My husband and I met online and at the time we lived in two different countries across the world from each other. Our relationship developed online and blossomed, we met in person and fell in love, it was beautiful, I truly felt I had met the one for me, and so did he.

After several years of trying to be together, our patience was tried greatly and we were kept apart due to visa issues, which I believe has had a lasting negative impact on our marriage to date. The pain of separation would try even the patients of a saint and so I don't blame my husband, but now that we are together I was hoping things would change but they haven't.

We face several issues in our marriage, namely my husband's inability to communicate adequately his feelings when he is upset or hurt and his overreaction to silly little arguments. For example, when upset, even if about something trivial, instead of cooling off for a few hours, he will give me the silent treatment and ignore me, refusing to discuss the problem even once he has calmed down. His giving me the silent treatment has gotten so bad, to a point where he has given me the silent treatment whilst living together in the same house for two WEEKS! (He's been known to go longer when we weren't living together).

I think the situation is made worse by the fact that I refuse to apologise when I am not in the wrong just to make peace. I have done this in the past and all it does it feed his behaviour and make him use the silent treatment for more trivial things when he doesn't get his own way.

My husband is also too overprotective, and I have gotten to the point where I no longer believe he is doing it for my benefit, but it's more for his control e.g. stopping me from communicating with friends he believes are bad for me.

I am also very upset about how money is handled in our relationship.

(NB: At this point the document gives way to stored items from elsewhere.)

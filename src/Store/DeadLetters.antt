-- ===== src/Store/DeadLetters.antt =====
-- memory.go: the dead letters, transactions that could not be applied or whose outcome is unknown.
use dts.Common.{
  String, Bool, true, false, ◌≡◌, refl, ◌∙◌, ap, sym, subst, All, List, [], ◌∷◌, Option, none, some,
  Result, ok, err, ltb, ◌||◌, ◌=s=◌, if◌then◌else◌, arith, Bool-cases, inl, inr, eq_iff,
}
use dts.Common.Keyed.{lookup, insert, delete}
use dts.Domain.{DeadLetter}
use dts.Store.Defs.{Store, StoreError, not_found}

module _ {E : Type 0} where
  -- `CreateCDCDeadLetter`
  unfoldable pub create_cdc_dead_letter : Store E → DeadLetter E → Store E
  create_cdc_dead_letter s v = record s { cdc_dead_letters = insert v.id v s.cdc_dead_letters }

  -- `UpdateCDCDeadLetter`
  unfoldable pub update_cdc_dead_letter : Store E → DeadLetter E → Result StoreError (Store E)
  update_cdc_dead_letter s v = elim (lookup v.id s.cdc_dead_letters) [
    | none ↦ err not_found
    | some old ↦ ok (record s { cdc_dead_letters = insert v.id v s.cdc_dead_letters })
  ]

  -- `GetCDCDeadLetter`
  unfoldable pub get_cdc_dead_letter : Store E → String → Result StoreError (DeadLetter E)
  get_cdc_dead_letter s id = elim (lookup id s.cdc_dead_letters) [
    | none ↦ err not_found
    | some v ↦ ok v
  ]

  -- `DeleteCDCDeadLetter`
  unfoldable pub delete_cdc_dead_letter : Store E → String → Store E
  delete_cdc_dead_letter s id = record s { cdc_dead_letters = delete id s.cdc_dead_letters }

  -- `taskID == "" || v.TaskID == taskID`
  abbrev pub is_listed : String → DeadLetter E → Bool
  is_listed task_id v = task_id =s= "" || v.task_id =s= task_id

  -- The loop of `ListCDCDeadLetters`.
  unfoldable pub letters_of : String → List (String × DeadLetter E) → List (DeadLetter E)
  letters_of task_id [] = []
  letters_of task_id ((id, v) ∷ letters) =
      if is_listed task_id v then v ∷ letters_of task_id letters else letters_of task_id letters

  -- Its sort: the one that was updated last comes first.
  unfoldable pub insert_letter : DeadLetter E → List (DeadLetter E) → List (DeadLetter E)
  insert_letter v [] = v ∷ []
  insert_letter v (w ∷ ws) =
      if ltb v.updated_at w.updated_at then w ∷ insert_letter v ws else v ∷ w ∷ ws

  unfoldable pub sort_letters : List (DeadLetter E) → List (DeadLetter E)
  sort_letters [] = []
  sort_letters (v ∷ vs) = insert_letter v (sort_letters vs)

  -- `ListCDCDeadLetters`
  unfoldable pub list_cdc_dead_letters : Store E → String → List (DeadLetter E)
  unfolding letters_of sort_letters insert_letter
  list_cdc_dead_letters s task_id = sort_letters (letters_of task_id s.cdc_dead_letters)

  -- The first letter that a loop stops at.
  unfoldable pub find_letter : (DeadLetter E → Bool) → List (DeadLetter E) → Option (DeadLetter E)
  find_letter test [] = none
  find_letter test (v ∷ vs) = if test v then some v else find_letter test vs

  -- None is found only if each letter fails the test.
  find_letter-insert_letter :
      (test : DeadLetter E → Bool) (v : DeadLetter E) (vs : List (DeadLetter E))
      → find_letter test (insert_letter v vs) ≡ none
      → (test v ≡ false) × (find_letter test vs ≡ none)
  unfolding find_letter insert_letter
  find_letter-insert_letter test v [] h = (ground (arith, h), refl)
  find_letter-insert_letter test v (w ∷ ws) h = elim (Bool-cases (ltb v.updated_at w.updated_at)) [
    | inl e ↦ ground (arith, h, find_letter-insert_letter test v ws)
    | inr e ↦ ground (arith, h)
  ]

  find_letter-sort_letters :
      (test : DeadLetter E → Bool) (vs : List (DeadLetter E))
      → find_letter test (sort_letters vs) ≡ none
      → find_letter test vs ≡ none
  unfolding find_letter sort_letters
  find_letter-sort_letters test [] h = refl
  find_letter-sort_letters test (v ∷ vs) h =
      let (fails, others) = find_letter-insert_letter test v (sort_letters vs) h in
      ground (arith, fails, find_letter-sort_letters test vs others)

  find_letter-letters_of :
      (test : DeadLetter E → Bool) (task_id id : String) (v : DeadLetter E)
      (letters : List (String × DeadLetter E))
      → lookup id letters ≡ some v
      → is_listed task_id v ≡ true
      → find_letter test (letters_of task_id letters) ≡ none
      → test v ≡ false
  unfolding find_letter letters_of lookup
  find_letter-letters_of test task_id id v [] found listed h = cc
  find_letter-letters_of test task_id id v ((key, w) ∷ letters) found listed h =
      ground (arith, find_letter-letters_of test task_id id v letters, eq_iff key id)

  -- If a listed letter passes the test, a loop over the list stops at one that does.
  pub find_letter-ne_none :
      (test : DeadLetter E → Bool) (task_id id : String) (v : DeadLetter E) (s : Store E)
      → lookup id s.cdc_dead_letters ≡ some v
      → is_listed task_id v ≡ true
      → find_letter test (list_cdc_dead_letters s task_id) ≡ none
      → test v ≡ false
  unfolding list_cdc_dead_letters
  find_letter-ne_none test task_id id v s found listed h =
      find_letter-letters_of test task_id id v s.cdc_dead_letters found listed
        (find_letter-sort_letters test (letters_of task_id s.cdc_dead_letters) h)

  find_letter-All :
      (P : DeadLetter E → Type 0) (test : DeadLetter E → Bool) (v : DeadLetter E)
      (vs : List (DeadLetter E))
      → All P vs
      → find_letter test vs ≡ some v
      → P v × (test v ≡ true)
  unfolding find_letter
  find_letter-All P test v [] all h = cc
  find_letter-All P test v (w ∷ ws) all h = elim (Bool-cases (test w)) [
    | inl e ↦
        let same : w ≡ v = ground (arith, e, h) in (subst P same all.0, ap test (sym same) ∙ e)
    | inr e ↦ find_letter-All P test v ws all.1 (rw (e, find_letter) at h)
  ]

  All-insert_letter :
      (P : DeadLetter E → Type 0) (v : DeadLetter E) (vs : List (DeadLetter E))
      → P v
      → All P vs
      → All P (insert_letter v vs)
  unfolding insert_letter
  All-insert_letter P v [] here all = (here, tt)
  All-insert_letter P v (w ∷ ws) here all = elim (Bool-cases (ltb v.updated_at w.updated_at)) [
    | inl e ↦ rw e (all.0, All-insert_letter P v ws here all.1)
    | inr e ↦ rw e (here, all)
  ]

  All-sort_letters :
      (P : DeadLetter E → Type 0) (vs : List (DeadLetter E)) → All P vs → All P (sort_letters vs)
  unfolding sort_letters
  All-sort_letters P [] all = tt
  All-sort_letters P (v ∷ vs) all =
      All-insert_letter P v (sort_letters vs) all.0 (All-sort_letters P vs all.1)

  letters_of-listed :
      (task_id : String) (letters : List (String × DeadLetter E))
      → All (λ v. is_listed task_id v ≡ true) (letters_of task_id letters)
  unfolding letters_of
  letters_of-listed task_id [] = tt
  letters_of-listed task_id ((id, v) ∷ letters) = elim (Bool-cases (is_listed task_id v)) [
    | inl e ↦ rw e (e, letters_of-listed task_id letters)
    | inr e ↦ rw e (letters_of-listed task_id letters)
  ]

  -- What a loop over the list stops at is listed, and passes the test.
  pub find_letter-is_listed :
      (test : DeadLetter E → Bool) (task_id : String) (v : DeadLetter E) (s : Store E)
      → find_letter test (list_cdc_dead_letters s task_id) ≡ some v
      → (is_listed task_id v ≡ true) × (test v ≡ true)
  unfolding list_cdc_dead_letters
  find_letter-is_listed test task_id v s h =
      find_letter-All (λ w. is_listed task_id w ≡ true) test v _
        (All-sort_letters _ _ (letters_of-listed task_id s.cdc_dead_letters)) h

When I first met my husband he was so kind and generous, and of course I knew the 'honeymoon' period would come to an end, but I never thought we would be in this position.

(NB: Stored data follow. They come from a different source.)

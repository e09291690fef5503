-- ===== src/Lifecycle/Applying/Fence.antt =====
-- service.go: the fence that `ApplyCDCEvents` puts into the dead letters before a commit, and what is
-- recorded of a transaction that failed.
use dts.Common.{
  ℕ, String, Bool, true, false, ◌+◌, ◌&&◌, ◌||◌, not, ◌==◌, ◌=s=◌, ltb, if◌then◌else◌, List, Option,
  none, some, Result, ok, err, last?,
}
use dts.Common.Bytes.{equal_fold}
use dts.Domain.{Task, CdcEvent, DeadLetter, DeadLetterStatus}
use dts.Store.Defs.{Store, StoreError}
use dts.Store.DeadLetters.{
  create_cdc_dead_letter, update_cdc_dead_letter, get_cdc_dead_letter, delete_cdc_dead_letter,
  list_cdc_dead_letters, find_letter,
}
use dts.Lifecycle.Applying.Effects.{
  Events, Failure, outcome_unknown, blocked, Run, ◌>>=◌, ◌>>◌, return, ask, write, ignore, lift,
}

-- What the environment decides: the digest of the five texts that a dead letter's id is made of, the
-- length of the JSON text of a transaction and its limit, the injected faults, whether the task's data
-- sources are stored, the one that a direction reads in particular, and the connector of its target can be
-- opened, and whether the target takes the rows
-- of a transaction.
pub record Settings : Type 0 where
  pub digest : String → String → String → String → String → String
  pub json_bytes : Events → ℕ
  pub max_letter_bytes : ℕ
  pub fault_before_checkpoint : Option String
  pub fault_after_checkpoint : Option String
  pub find_sources : Task → Option String
  pub find_read_source : Task → String → Option String
  pub open_target : Task → Option String
  pub take_rows : Events → List Events → Option String

abbrev pub Letter : Type 0
Letter = DeadLetter (CdcEvent String)

abbrev pub is_uncertain : DeadLetterStatus → Bool
is_uncertain DeadLetterStatus.commit_uncertain = true
is_uncertain _ = false

abbrev pub is_replay_required : DeadLetterStatus → Bool
is_replay_required DeadLetterStatus.replay_required = true
is_replay_required _ = false

-- `cdcDeadLetterID`
abbrev pub cdc_dead_letter_id : Settings → String → String → CdcEvent String → String
cdc_dead_letter_id settings task_id direction e =
    settings.digest task_id direction e.position_type e.position_value e.resource

abbrev pub fence_message : String
fence_message =
    "pre-COMMIT durable ambiguity fence; target outcome must never be inferred without checkpoint"

-- `cdcCommitFence`
pub record CommitFence : Type 0 where
  pub id : String
  pub existed : Bool

-- The letter as the fence leaves it.
abbrev pub fenced : ℕ → String → CdcEvent String → Events → Letter → Letter
fenced now direction last events v = record v {
  direction = direction;
  position_type = last.position_type;
  position_value = last.position_value;
  resource = last.resource;
  events = events;
  status = DeadLetterStatus.commit_uncertain;
  last_error = fence_message;
  updated_at = now;
  resolved_at = 0;
}

abbrev pub new_letter :
    ℕ → String → String → String → CdcEvent String → Events → ℕ → DeadLetterStatus → String → Letter
new_letter now id task_id direction last events retries status message = record {
  id = id;
  task_id = task_id;
  direction = direction;
  position_type = last.position_type;
  position_value = last.position_value;
  resource = last.resource;
  events = events;
  last_error = message;
  retry_count = retries;
  status = status;
  created_at = now;
  updated_at = now;
  resolved_at = 0;
}

-- The two branches of `beginCDCCommitFence`: a dead letter of that id is reused.
unfoldable pub write_fence :
    Settings → ℕ → String → String → Events → CdcEvent String → Option Letter → Run CommitFence
unfolding update_cdc_dead_letter create_cdc_dead_letter
write_fence settings now task_id direction events last (some v) =
    write (λ s. update_cdc_dead_letter s (fenced now direction last events v))
    >> return (record { id = cdc_dead_letter_id settings task_id direction last; existed = true })
write_fence settings now task_id direction events last none =
    let id = cdc_dead_letter_id settings task_id direction last in
    write (λ s. ok (
      create_cdc_dead_letter s (
        new_letter now id task_id direction last events 0 DeadLetterStatus.commit_uncertain
          fence_message)))
    >> return (record { id = id; existed = false })

-- `beginCDCCommitFence`, of events whose last one has a position.
unfoldable pub begin_cdc_commit_fence :
    Settings → ℕ → String → String → Events → CdcEvent String → Run CommitFence
unfolding list_cdc_dead_letters find_letter write_fence
begin_cdc_commit_fence settings now task_id direction events last = do
  found ← ask (λ s. ok (
      find_letter (λ v. v.id =s= cdc_dead_letter_id settings task_id direction last)
        (list_cdc_dead_letters s task_id)))
  write_fence settings now task_id direction events last found

-- `completeCDCCommitFence`
unfoldable pub complete_cdc_commit_fence : ℕ → CommitFence → Run (Unit {0})
unfolding delete_cdc_dead_letter get_cdc_dead_letter update_cdc_dead_letter
complete_cdc_commit_fence now fence =
    if not fence.existed then write (λ s. ok (delete_cdc_dead_letter s fence.id)) else (do
      v ← ask (λ s. lift (get_cdc_dead_letter s fence.id))
      write (λ s. update_cdc_dead_letter s (record v {
        status = DeadLetterStatus.resolved;
        last_error = "";
        resolved_at = now;
        updated_at = now;
      })))

-- The fence of a first attempt, which nothing else has touched.
abbrev pub is_transient : Letter → Bool
is_transient v = is_uncertain v.status && v.retry_count == 0 && v.last_error =s= fence_message

abbrev pub clean_letter : String → Result StoreError Letter → Run (Unit {0})
clean_letter id (err e) = return tt
clean_letter id (ok v) =
    if is_transient v then write (λ s. ok (delete_cdc_dead_letter s id)) else return tt

-- `cleanupTransientCDCCommitFence`
unfoldable pub cleanup_transient_cdc_commit_fence :
    Settings → String → String → CdcEvent String → Run (Unit {0})
unfolding get_cdc_dead_letter delete_cdc_dead_letter
cleanup_transient_cdc_commit_fence settings task_id direction last = do
  let id = cdc_dead_letter_id settings task_id direction last
  found ← ask (λ s. ok (get_cdc_dead_letter s id))
  clean_letter id found

-- The test of `unresolvedCommitRecovery`.
abbrev pub is_unresolved : String → Letter → Bool
is_unresolved direction v =
    equal_fold v.direction direction && (is_uncertain v.status || is_replay_required v.status)

-- `unresolvedCommitRecovery`
unfoldable pub unresolved_commit_recovery :
    String → String → Store (CdcEvent String) → Option Letter
unfolding list_cdc_dead_letters find_letter
unresolved_commit_recovery task_id direction s =
    find_letter (is_unresolved direction) (list_cdc_dead_letters s task_id)

abbrev pub status_of : Failure → DeadLetterStatus
status_of outcome_unknown = DeadLetterStatus.commit_uncertain
status_of _ = DeadLetterStatus.open_

-- The existing letter after another failure: COMMIT_UNCERTAIN is never downgraded.
abbrev pub failed_again : ℕ → Events → String → DeadLetterStatus → Letter → Letter
failed_again now events message status v = record v {
  events = events;
  last_error = message;
  retry_count = v.retry_count + 1;
  status = if is_uncertain v.status then DeadLetterStatus.commit_uncertain else status;
  updated_at = now;
  resolved_at = 0;
}

abbrev pub is_blocked : Failure → Bool
is_blocked blocked = true
is_blocked _ = false

-- The two branches of `recordCDCDeadLetter`: a letter that is there fails again.
unfoldable pub write_letter :
    Settings
    → ℕ
    → String
    → String
    → Events
    → CdcEvent String
    → DeadLetterStatus
    → String
    → Result StoreError Letter
    → Run (Unit {0})
unfolding update_cdc_dead_letter create_cdc_dead_letter
write_letter settings now task_id direction events last status message (ok v) =
    ignore (write (λ s. update_cdc_dead_letter s (failed_again now events message status v)))
write_letter settings now task_id direction events last status message (err e) =
    let id = cdc_dead_letter_id settings task_id direction last in
    ignore (
      write (λ s. ok (
        create_cdc_dead_letter s
          (new_letter now id task_id direction last events 1 status message))))

-- `recordCDCDeadLetter`, without its alerts. `message` is the text of the error.
unfoldable pub record_cdc_dead_letter :
    Settings → ℕ → String → String → Events → Failure → String → Run (Unit {0})
unfolding get_cdc_dead_letter write_letter
record_cdc_dead_letter settings now task_id direction events cause message = elim (last? events) [
  | none ↦ return tt
  | some last ↦
      if is_blocked cause
        || last.position_value =s= ""
        || settings.max_letter_bytes == 0
        || ltb settings.max_letter_bytes (settings.json_bytes events)
      then return tt
      else (do
        found ←
            ask
              (λ s. ok (get_cdc_dead_letter s (cdc_dead_letter_id settings task_id direction last)))
        write_letter settings now task_id direction events last (status_of cause) message found)
]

We both work full-time and my husband earns double what I do. I do 100% of the cooking, cleaning and shopping. I tried to get us to come to a fair agreement for the both of us, but he refuses. He believes we should pay the bills and rent equally as a 50 50 split, which I believe is unfair. I would much prefer an agreement based on percentages of what we earn. And what further frustrates me is that he refuses to do any housework or cooking at all! 

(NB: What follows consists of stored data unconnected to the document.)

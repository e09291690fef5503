-- ===== src/Lifecycle/Applying/Events.antt =====
-- service.go: `ApplyCDCEvents` of a row transaction on a target whose connector is transactional, with the
-- conflict mode SOURCE_WINS, which records no conflicts; and the last lines of
-- `ApplyEngineJobCDCEvents`, which call it. `direction` is one that `strings.ToLower` and
-- `strings.TrimSpace` leave as it is. The rows themselves go to the connector.
use dts.Common.{
  ℕ, String, Bool, true, false, ◌-◌, ◌&&◌, ◌||◌, not, ◌=s=◌, ltb, if◌then◌else◌, List, [], ◌∷◌,
  Option, none, some, Result, ok, err, last?, length,
}
use dts.Common.Bytes.{equal_fold}
use dts.Domain.{Task, CdcEvent, CdcPosition, CdcOperation}
use dts.Store.Defs.{Store, get_migration, update_migration}
use dts.Store.Positions.{create_cdc_position, list_cdc_positions}
use dts.Lifecycle.Service.{refused}
use dts.Lifecycle.Positions.{cdc_apply_ready}
use dts.Lifecycle.Applying.Effects.{
  Events, World, Failure, crashed, fault, outcome_unknown, blocked, Run, ◌>>=◌, ◌>>◌, return, throw,
  ask, effect, write, lift, after,
}
use dts.Lifecycle.Applying.Fence.{
  Settings, CommitFence, Letter, is_replay_required, begin_cdc_commit_fence,
  complete_cdc_commit_fence, cleanup_transient_cdc_commit_fence, unresolved_commit_recovery,
  record_cdc_dead_letter,
}

-- What becomes of a COMMIT: the target confirms it, or its answer is lost, after it committed or not.
pub data Commit : Type 0 where
  confirmed : Commit
  lost : Bool → Commit

-- `CDCApplyResult`
pub record Applied : Type 0 where
  pub applied : ℕ
  pub last_event_id : String
  pub position_type : String
  pub position_value : String
  pub duplicate : Bool

-- `if positionType == "" { positionType = "EVENT_BRIDGE" }`
abbrev pub stored_type : CdcEvent String → String
stored_type last = if last.position_type =s= "" then "EVENT_BRIDGE" else last.position_type

-- The checkpoint of `persistCDCApplyResult`, as `recordCDCProgress` and `RecordRollbackCDCProgress`
-- complete it.
abbrev pub checkpoint_of : ℕ → String → String → String → CdcEvent String → ℕ → CdcPosition
checkpoint_of now new_id task_id direction last total = record {
  id = new_id;
  task_id = task_id;
  direction = direction;
  position_type = stored_type last;
  position_value = last.position_value;
  resource = last.resource;
  lag_ms =
      if ltb 0 last.source_timestamp_ms && ltb last.source_timestamp_ms now
      then now - last.source_timestamp_ms
      else 0;
  events_total = total;
  events_pending = 0;
  recorded_at = now;
}

-- The two writes of a progress report.
unfoldable pub store_progress : ℕ → CdcPosition → Task → Run (Unit {0})
unfolding create_cdc_position update_migration
store_progress now p task = do
  write (λ s. ok (create_cdc_position s p))
  write (λ s. update_migration s (record task { cdc_lag_ms = p.lag_ms; updated_at = now }))

-- `recordCDCProgress` or `RecordRollbackCDCProgress`, after the direction; their alerts are left out. Both
-- accept a task where `cdcApplyReady` holds.
unfoldable pub record_progress : ℕ → String → String → CdcPosition → Run (Unit {0})
unfolding get_migration cdc_apply_ready store_progress
record_progress now id direction p = do
  task ← ask (λ s. lift (get_migration s id))
  (if cdc_apply_ready task.status direction
      then store_progress now p task
      else throw (fault (refused "task cannot accept CDC progress")))

-- `persistCDCApplyResult`: an error of its own, or the fault that is injected once the checkpoint stands.
unfoldable pub persist_cdc_apply_result :
    Settings → ℕ → String → String → String → CdcEvent String → ℕ → Run (Option String)
unfolding record_progress
persist_cdc_apply_result settings now new_id id direction last total =
    elim settings.fault_before_checkpoint [
      | some e ↦ throw (fault (refused e))
      | none ↦
          record_progress now id direction (checkpoint_of now new_id id direction last total)
          >> return settings.fault_after_checkpoint
    ]

-- The first checkpoint of the direction, if it is the one of the event: the loop over the positions, up
-- to its `break`.
unfoldable pub is_checkpointed : String → CdcEvent String → List CdcPosition → Bool
unfolding equal_fold
is_checkpointed direction last [] = false
is_checkpointed direction last (p ∷ ps) =
    if not (p.direction =s= direction)
    then is_checkpointed direction last ps
    else equal_fold p.position_type last.position_type && p.position_value =s= last.position_value

unfoldable pub is_duplicate : String → String → CdcEvent String → Store (CdcEvent String) → Bool
unfolding is_checkpointed list_cdc_positions
is_duplicate id direction last s = is_checkpointed direction last (list_cdc_positions s id 50)

-- A recovery that is open blocks, but for the explicit replay of its letter.
abbrev pub blocks : Option String → Option Letter → Bool
blocks bypass none = false
blocks none (some v) = true
blocks (some id) (some v) = not (is_replay_required v.status && id =s= v.id)

abbrev pub is_checkpoint : CdcOperation → Bool
is_checkpoint CdcOperation.checkpoint = true
is_checkpoint _ = false

unfoldable pub all_checkpoints : Events → Bool
all_checkpoints [] = true
all_checkpoints (e ∷ events) = is_checkpoint e.operation && all_checkpoints events

-- `tx.CommitCDCTransaction`
unfoldable pub commit_transaction : Events → Commit → Run (Unit {0})
commit_transaction events confirmed = effect λ w. (ok tt, record w { target = events ∷ w.target })
commit_transaction events (lost true) =
    effect λ w. (err outcome_unknown, record w { target = events ∷ w.target })
commit_transaction events (lost false) = effect λ w. (err outcome_unknown, w)

abbrev pub check : Bool → String → Run (Unit {0})
check true message = return tt
check false message = throw (fault (refused message))

abbrev pub fail_if : Option String → Run (Unit {0})
fail_if none = return tt
fail_if (some message) = throw (fault (refused message))

-- The result of a transaction whose position is stored.
abbrev pub applied_result : CdcEvent String → ℕ → Applied
applied_result last count = record {
  applied = count;
  last_event_id = last.id;
  position_type = stored_type last;
  position_value = last.position_value;
  duplicate = false;
}

-- From the commit of the target on: the checkpoint, and the end of the fence.
unfoldable pub settle :
    Settings → ℕ → String → String → String → Events → CdcEvent String → CommitFence → Run Applied
unfolding persist_cdc_apply_result complete_cdc_commit_fence
settle settings now new_id id direction events last fence = do
  late ← persist_cdc_apply_result settings now new_id id direction last (length events)
  complete_cdc_commit_fence now fence
  fail_if late
  return (applied_result last (length events))

-- From the begin of the target's transaction on.
unfoldable pub apply_rows :
    Settings → ℕ → String → String → String → Events → CdcEvent String → Commit → Run Applied
unfolding begin_cdc_commit_fence commit_transaction settle
apply_rows settings now new_id id direction events last outcome = do
  (λ n w. fail_if (settings.take_rows events w.target) n w)
  fence ← begin_cdc_commit_fence settings now id direction events last
  commit_transaction events outcome
  settle settings now new_id id direction events last fence

-- A batch of checkpoints only moves the position.
unfoldable pub apply_checkpoints :
    Settings → ℕ → String → String → String → CdcEvent String → Run Applied
unfolding persist_cdc_apply_result
apply_checkpoints settings now new_id id direction last = do
  late ← persist_cdc_apply_result settings now new_id id direction last 0
  fail_if late
  return (applied_result last 0)

-- `ApplyCDCEvents` once the data sources are found.
unfoldable pub apply_found :
    Settings → ℕ → String → Commit → Task → String → String → Events → CdcEvent String → Run Applied
unfolding apply_checkpoints apply_rows all_checkpoints
apply_found settings now new_id outcome task id direction events last =
    if all_checkpoints events
    then apply_checkpoints settings now new_id id direction last
    else (fail_if (settings.open_target task)
        >> apply_rows settings now new_id id direction events last outcome)

-- `ApplyCDCEvents` after the checks of the request.
unfoldable pub apply_new :
    Settings
    → ℕ
    → String
    → Option String
    → Commit
    → Task
    → String
    → String
    → Events
    → CdcEvent String
    → Run Applied
unfolding unresolved_commit_recovery apply_found
apply_new settings now new_id bypass outcome task id direction events last = do
  recovery ← ask (λ s. ok (unresolved_commit_recovery id direction s))
  (if blocks bypass recovery then throw blocked else return tt)
  fail_if (settings.find_sources task)
  apply_found settings now new_id outcome task id direction events last

abbrev pub known_result : CdcEvent String → Applied
known_result last = record {
  applied = 0;
  last_event_id = last.id;
  position_type = last.position_type;
  position_value = last.position_value;
  duplicate = true;
}

-- A transaction whose checkpoint is the newest of its direction was applied before.
unfoldable pub apply_duplicate : Settings → String → String → CdcEvent String → Run Applied
unfolding cleanup_transient_cdc_commit_fence
apply_duplicate settings id direction last =
    cleanup_transient_cdc_commit_fence settings id direction last >> return (known_result last)

-- `ApplyCDCEvents` from its look at the newest checkpoint on.
unfoldable pub apply_checked :
    Settings
    → ℕ
    → String
    → Option String
    → Commit
    → Task
    → String
    → String
    → Events
    → CdcEvent String
    → Run Applied
unfolding is_duplicate apply_duplicate apply_new
apply_checked settings now new_id bypass outcome task id direction events last = do
  again ← ask (λ s. ok (is_duplicate id direction last s))
  (if again
      then apply_duplicate settings id direction last
      else apply_new settings now new_id bypass outcome task id direction events last)

-- `ApplyCDCEvents` from the checks of the request on.
unfoldable pub apply_to :
    Settings
    → ℕ
    → String
    → Option String
    → Commit
    → String
    → String
    → Events
    → Task
    → Option (CdcEvent String)
    → Run Applied
unfolding cdc_apply_ready apply_checked
apply_to settings now new_id bypass outcome id direction events task none =
    throw (fault (refused "CDC event batch is empty"))
apply_to settings now new_id bypass outcome id direction events task (some last) = do
  check (not (last.position_value =s= "")) "final CDC event must include a durable source position"
  check (cdc_apply_ready task.status direction) "CDC apply is unsafe"
  apply_checked settings now new_id bypass outcome task id direction events last

-- `ApplyCDCEvents`. `bypass` is the dead letter that an explicit replay is about.
unfoldable pub apply_cdc_events :
    Settings → ℕ → String → Option String → Commit → String → String → Events → Run Applied
unfolding get_migration apply_to
apply_cdc_events settings now new_id bypass outcome id direction events = do
  task ← ask (λ s. lift (get_migration s id))
  check (direction =s= "forward" || direction =s= "reverse") "invalid CDC direction"
  apply_to settings now new_id bypass outcome id direction events task (last? events)

-- The caller: an error is recorded as a dead letter, unless the process died.
abbrev pub recorded : Settings → ℕ → String → String → Events → Result Failure Applied → Run Applied
recorded settings now id direction events (ok r) = return r
recorded settings now id direction events (err crashed) = throw crashed
recorded settings now id direction events (err e) =
    record_cdc_dead_letter settings now id direction events e "apply failed" >> throw e

-- `result, applyErr := s.ApplyCDCEvents(...)` and the rest of `ApplyEngineJobCDCEvents`.
unfoldable pub apply_and_record :
    Settings → ℕ → String → Commit → String → String → Events → Run Applied
unfolding apply_cdc_events record_cdc_dead_letter
apply_and_record settings now new_id outcome id direction events n w =
    let (r, left, w') = apply_cdc_events settings now new_id none outcome id direction events n w in
    recorded settings now id direction events r left w'

-- One delivery of a transaction: the time, the id of its checkpoint, what becomes of its COMMIT, how many
-- effects the server makes before it dies, and the tasks as others have left them.
pub record Delivery : Type 0 where
  pub now : ℕ
  pub new_id : String
  pub outcome : Commit
  pub effects : ℕ
  pub tasks : List (String × Task)

-- The source delivers one transaction again and again.
unfoldable pub deliver : Settings → String → String → Events → List Delivery → World → World
unfolding apply_and_record
deliver settings id direction events [] w = w
deliver settings id direction events (d ∷ ds) w =
    let met : World = record w { store = record w.store { migrations = d.tasks } } in
    deliver settings id direction events ds
      (after (apply_and_record settings d.now d.new_id d.outcome id direction events) d.effects met)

He says this is because he works on his home projects during the evenings (business ventures he hopes to work on on the side), which I don't even think is an excuse, and even then he's often on the phone to friends anyway. I feel really hurt by his lack of willingness to reach a fair deal, especially as before he found a job I paid 100% of the rent and bills etc for nearly a year and also paid for his travel, new clothes etc to go on job interviews. I supported him when he had no money whatsoever, and this is how I am repaid.

Another problem area is the intimacy between us seems to have gone down to zero. We are both in our 20s and have no children, and should be having the best sex and fun of our lives. Instead, either he is upset and giving me the silent treatment (which is the case as I type) or I feel upset at how the financial and household burdens are skewed in his favour. We haven't had sex in over two weeks and even though we both want to be intimate the other problems get in the way.

I am so frustrated and just don't know how we can get past this impasse. I love him so much and I know he loves me, but this stalemate has been going on for over a year, and I don't see it being resolved anytime soon.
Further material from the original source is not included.